Edna Stern au festival "Musique à la Cour" © Cédric Azan
Edna Stern au festival "Musique à la Cour"
© Cédric Azan

Mardi 15 juillet, à 18h, salle Pasteur, cinq compositrices étaient au programme. La pianiste Edna Stern a d’abord joué la Sonate pour piano n°9 (op. 5 n°3) d’Hélène de Montgeroult, aristocrate ayant sauvé sa vie au moment de la Révolution grâce à la beauté de sa musique et à la qualité de son jeu. La pièce, à la fois très chantante et recelant d’effets romantiques, était restituée par Edna Stern avec tendresse et précision. Son interprétation légère et délicatement nerveuse était bien adaptée au caractère plaisant de l’œuvre, servie par une belle musicalité notamment perceptible dans l’emploi judicieux de la pédale.

Venait ensuite une œuvre bien plus récente, composée par Edith Canat de Chizy : les Formes du vent, cinq pièces pour violoncelle solo, ont été créées sur commande en 2003 pour l’émission Alla Breve de France Musique. Le violoncelliste Christian-Pierre La Marca s’est remarquablement emparé de l’œuvre pour en modeler la matière mouvante. Des blocs diffus, soit des échappées de notes, colorées par une palette de modes de jeu différents, constituaient chaque partie en évocation onirique et plongeaient les auditeurs fascinés dans des atmosphères mystérieuses et poétiques. Avant écoute, les titres des cinq parties invitent déjà à la réflexion sur le mouvement : « Des gouttes de sang claquent sur le mur », « La main tient la nuit par un fil »… Une composition passionnante et d’une complexité troublante, à découvrir absolument !

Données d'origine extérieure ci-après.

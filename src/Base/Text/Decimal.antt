-- ===== src/Base/Text/Decimal.antt =====
-- Numbers in decimal, and their reading by `parse`.
use Prim.Native.Nat.{ℕ, zero, suc, ◌+◌, ◌-◌, ◌*◌, ◌/◌, ◌%◌, ◌<◌}
use Prim.Native.Char.{Char, code}
use Prim.Native.String.{String}
use mathlib.Core.Path.{◌≡◌, refl, sym, ap, subst, ◌∙◌}
use mathlib.Core.Bool.{Bool, true, false, not, ◌&&◌}
use mathlib.Core.Option.{some}
use mathlib.Core.Logic.{inl, inr}
use native.Mathlib.Omega.{arith}
use zoned.Base.Tests.{ltb, leb, ◌==◌, if◌then◌else◌, Bool-cases, le→leb, lt→ltb, ltb→lt}
use zoned.Base.Text.{push, is_whitespace, split_once, onto_left, parse_digits, parse_uint}
use zoned.Base.Text.Rows.{IsWord}

-- The digit of a number below 10.
abbrev pub digit : ℕ → Char
digit zero = "0"
digit (suc zero) = "1"
digit (suc (suc zero)) = "2"
digit (suc (suc (suc zero))) = "3"
digit (suc (suc (suc (suc zero)))) = "4"
digit (suc (suc (suc (suc (suc zero))))) = "5"
digit (suc (suc (suc (suc (suc (suc zero)))))) = "6"
digit (suc (suc (suc (suc (suc (suc (suc zero))))))) = "7"
digit (suc (suc (suc (suc (suc (suc (suc (suc zero)))))))) = "8"
digit (suc (suc (suc (suc (suc (suc (suc (suc (suc n))))))))) = "9"

-- The digits of a number in front of a text; a number has fewer digits than its successor says.
unfoldable pub show_onto : ℕ → ℕ → String → String
show_onto zero n t = t
show_onto (suc fuel) n t =
    let rest : String = show_onto fuel (n / 10) (String.◌∷◌ (digit (n % 10)) t) in
    if ltb n 10 then String.◌∷◌ (digit n) t else rest

abbrev pub show : ℕ → String → String
show n t = show_onto (suc n) n t

code-digit : (n : ℕ) → n < 10 → code (digit n) ≡ 48 + n
code-digit zero h = refl
code-digit (suc zero) h = refl
code-digit (suc (suc zero)) h = refl
code-digit (suc (suc (suc zero))) h = refl
code-digit (suc (suc (suc (suc zero)))) h = refl
code-digit (suc (suc (suc (suc (suc zero))))) h = refl
code-digit (suc (suc (suc (suc (suc (suc zero)))))) h = refl
code-digit (suc (suc (suc (suc (suc (suc (suc zero))))))) h = refl
code-digit (suc (suc (suc (suc (suc (suc (suc (suc zero)))))))) h = refl
code-digit (suc (suc (suc (suc (suc (suc (suc (suc (suc n))))))))) h = omega arith

parse_digits-digit :
    (limit v n : ℕ) (t : String)
    → n < 10
    → v * 10 + n < limit
    → parse_digits limit v (String.◌∷◌ (digit n) t) ≡ parse_digits limit (v * 10 + n) t
unfolding parse_digits
parse_digits-digit limit v n t h k =
    let value : 48 + n - 48 ≡ n = omega arith in
    rw (
      code-digit n h,
      value,
      le→leb 48 (48 + n) (omega arith),
      le→leb (48 + n) 57 (omega arith),
      lt→ltb (v * 10 + n) limit k,
    )

parse_digits-show_onto :
    (limit fuel n : ℕ) (t : String)
    → n < fuel
    → n < limit
    → parse_digits limit 0 (show_onto fuel n t) ≡ parse_digits limit n t
unfolding show_onto
parse_digits-show_onto limit zero n t h k = absurd (omega arith)
parse_digits-show_onto limit (suc fuel) n t h k = elim (Bool-cases (ltb n 10)) [
  | inl small ↦ rw small (
      parse_digits-digit limit 0 n t (ltb→lt n 10 small) (omega arith)
      ∙ ap (λ m. parse_digits limit m t) (omega arith))
  | inr big ↦ rw big (
      parse_digits-show_onto limit fuel (n / 10) (String.◌∷◌ (digit (n % 10)) t) (ground arith)
        (ground arith)
      ∙ parse_digits-digit limit (n / 10) (n % 10) t (ground arith) (ground arith)
      ∙ ap (λ m. parse_digits limit m t) (omega arith))
]

-- Every character of a text passes a test.
abbrev pub Each : (Char → Bool) → String → Type 0
Each p String.[] = Unit {0}
Each p (String.◌∷◌ c s) = (p c ≡ true) × Each p s

abbrev pub is_digit : Char → Bool
is_digit c = leb 48 (code c) && leb (code c) 57

is_digit-digit : (n : ℕ) → n < 10 → is_digit (digit n) ≡ true
is_digit-digit n h =
    rw (code-digit n h, le→leb 48 (48 + n) (omega arith)) (le→leb (48 + n) 57 (omega arith))

pub Each-show_onto :
    (p : Char → Bool) (fuel n : ℕ) (t : String)
    → ((c : Char) → is_digit c ≡ true → p c ≡ true)
    → Each p t
    → Each p (show_onto fuel n t)
unfolding show_onto
Each-show_onto p zero n t k h = h
Each-show_onto p (suc fuel) n t k h = elim (Bool-cases (ltb n 10)) [
  | inl small ↦ rw small (k (digit n) (is_digit-digit n (ltb→lt n 10 small)), h)
  | inr big ↦ rw big (
      Each-show_onto p fuel (n / 10) (String.◌∷◌ (digit (n % 10)) t) k
        (k (digit (n % 10)) (is_digit-digit (n % 10) (omega arith)), h))
]

-- A number begins with a digit.
pub show_onto-first :
    (fuel n : ℕ) (t : String)
    → n < fuel
    → (c : Char) × (s : String) × (is_digit c ≡ true) × (show_onto fuel n t ≡ String.◌∷◌ c s)
unfolding show_onto
show_onto-first zero n t h = absurd (omega arith)
show_onto-first (suc fuel) n t h = elim (Bool-cases (ltb n 10)) [
  | inl small ↦ (digit n, t, is_digit-digit n (ltb→lt n 10 small), rw small refl)
  | inr big ↦ rw big (show_onto-first fuel (n / 10) (String.◌∷◌ (digit (n % 10)) t) (ground arith))
]

pub show_onto-push :
    (fuel n : ℕ) (s t : String) → show_onto fuel n (push s t) ≡ push (show_onto fuel n s) t
unfolding show_onto
show_onto-push zero n s t = refl
show_onto-push (suc fuel) n s t = elim (Bool-cases (ltb n 10)) [
  | inl small ↦ rw small refl
  | inr big ↦ rw big (show_onto-push fuel (n / 10) (String.◌∷◌ (digit (n % 10)) s) t)
]

parse_uint-plain :
    (limit : ℕ) (c : Char) (s : String)
    → is_digit c ≡ true
    → parse_uint limit (String.◌∷◌ c s) ≡ parse_digits limit 0 (String.◌∷◌ c s)
unfolding parse_uint
parse_uint-plain limit c String.[] h = refl
parse_uint-plain limit c (String.◌∷◌ d s) h = rw not_plus refl
  where
    not_plus : (code c == 43) ≡ false
    not_plus = ground arith

-- A number below the limit is read back from its digits.
pub parse_uint-show : (limit n : ℕ) → n < limit → parse_uint limit (show n "") ≡ some n
unfolding parse_digits
parse_uint-show limit n h =
    let (c, s, d, e) = show_onto-first (suc n) n "" (omega arith) in
    ap (parse_uint limit) e
    ∙ parse_uint-plain limit c s d
    ∙ ap (parse_digits limit 0) (sym e)
    ∙ parse_digits-show_onto limit (suc n) n "" (omega arith) h

split_once-push :
    (s t : String) → Each is_digit s → split_once 58 (push s (push ":" t)) ≡ some (s, t)
unfolding split_once
split_once-push String.[] t h = refl
split_once-push (String.◌∷◌ c s) t h = rw not_colon (ap (onto_left c) (split_once-push s t h.1))
  where
    not_colon : (code c == 58) ≡ false
    not_colon = ground arith

-- Two numbers with a colon between them, in front of a text.
abbrev pub show_pair : ℕ → ℕ → String
show_pair a b = show a (push ":" (show b ""))

pub split_once-show_pair : (a b : ℕ) → split_once 58 (show_pair a b) ≡ some (show a "", show b "")
split_once-show_pair a b =
    ap (split_once 58) (show_onto-push (suc a) a "" (push ":" (show b "")))
    ∙ split_once-push (show a "") (show b "") (Each-show_onto is_digit (suc a) a "" (λ c h. h) tt)

abbrev is_solid : Char → Bool
is_solid c = not (is_whitespace c)

solid-IsWord : (c : Char) (s : String) → Each is_solid (String.◌∷◌ c s) → IsWord (String.◌∷◌ c s)
solid-IsWord c String.[] h = ground (arith, h.0)
solid-IsWord c (String.◌∷◌ d s) h = (ground (arith, h.0), solid-IsWord d s h.1)

digit-solid : (c : Char) → is_digit c ≡ true → is_solid c ≡ true
digit-solid c h = ground arith

pub show_pair-IsWord : (a b : ℕ) → IsWord (show_pair a b)
show_pair-IsWord a b =
    let (c, s, d, e) = show_onto-first (suc a) a (push ":" (show b "")) (omega arith) in
    subst IsWord (sym e) (
      solid-IsWord c s (
        subst (Each is_solid) e (
          Each-show_onto is_solid (suc a) a (push ":" (show b "")) digit-solid
            (refl, Each-show_onto is_solid (suc b) b "" digit-solid tt))))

Après deux extraits de pièces pour piano d’Amy Beach (compositrice américaine au style romantique), très apaisantes et interprétées par Edna Stern avec une douceur irrésistible, le trio Dali a donné vie à deux œuvres de Lili Boulanger. Cette femme disparue à l’âge de 25 ans a exprimé dans ses compositions aussi bien la force vitale qui anime tout être (D’un matin de printemps) que la fatalité douloureuse propre à la condition mortelle (D’un soir triste) ; les contrastes étaient admirablement rendus par le trio Dali. Deux courtes œuvres pour piano de Clara Schumann clôturaient ce concert à l’esthétique intimiste et sensible.

Mercredi 16 juillet, même heure, même endroit, les compositrices étaient cette fois mises à l’honneur au travers d’œuvres faisant intervenir la voix. Hasnaa Bennani a prêté sa voix aux couleurs nuancées et au timbre superbe, quoique manquant encore un peu d’aisance, à la musique de Barbara Strozzi, intellectuelle du XVIIème siècle ayant livré de délicats Airs pour soprano et basse continue. Etienne Mangot et Laurent Stewart accompagnaient la soprano respectivement au violoncelle et au clavecin, créant une harmonie comme suspendue hors du temps.

Edna Stern était de nouveau présente, cette fois en tant qu’accompagnatrice : elle formait un duo très réussi avec une autre soprano, Sophie Karthaüser. Leurs deux interventions ont permis d’entendre l’œuvre vocale de grandes compositrices romantiques allemandes, aux écritures comparables mais pourtant bien particularisées, Fanny Mendelssohn et Clara Schumann. La voix mature et assurée de Sophie Karthaüser se pliait sans effort aux intonations et aux dynamiques diverses des Lieder proposés ; outre une prononciation absolument impeccable (ce qui est assez rare pour le souligner et l’en féliciter), elle jouait avec son corps le sens du texte, s’attachant à illustrer le poème, à s’en faire l’incarnation. Une prestation remarquable en tous points, pleine de sagesse, de malice et de grâce.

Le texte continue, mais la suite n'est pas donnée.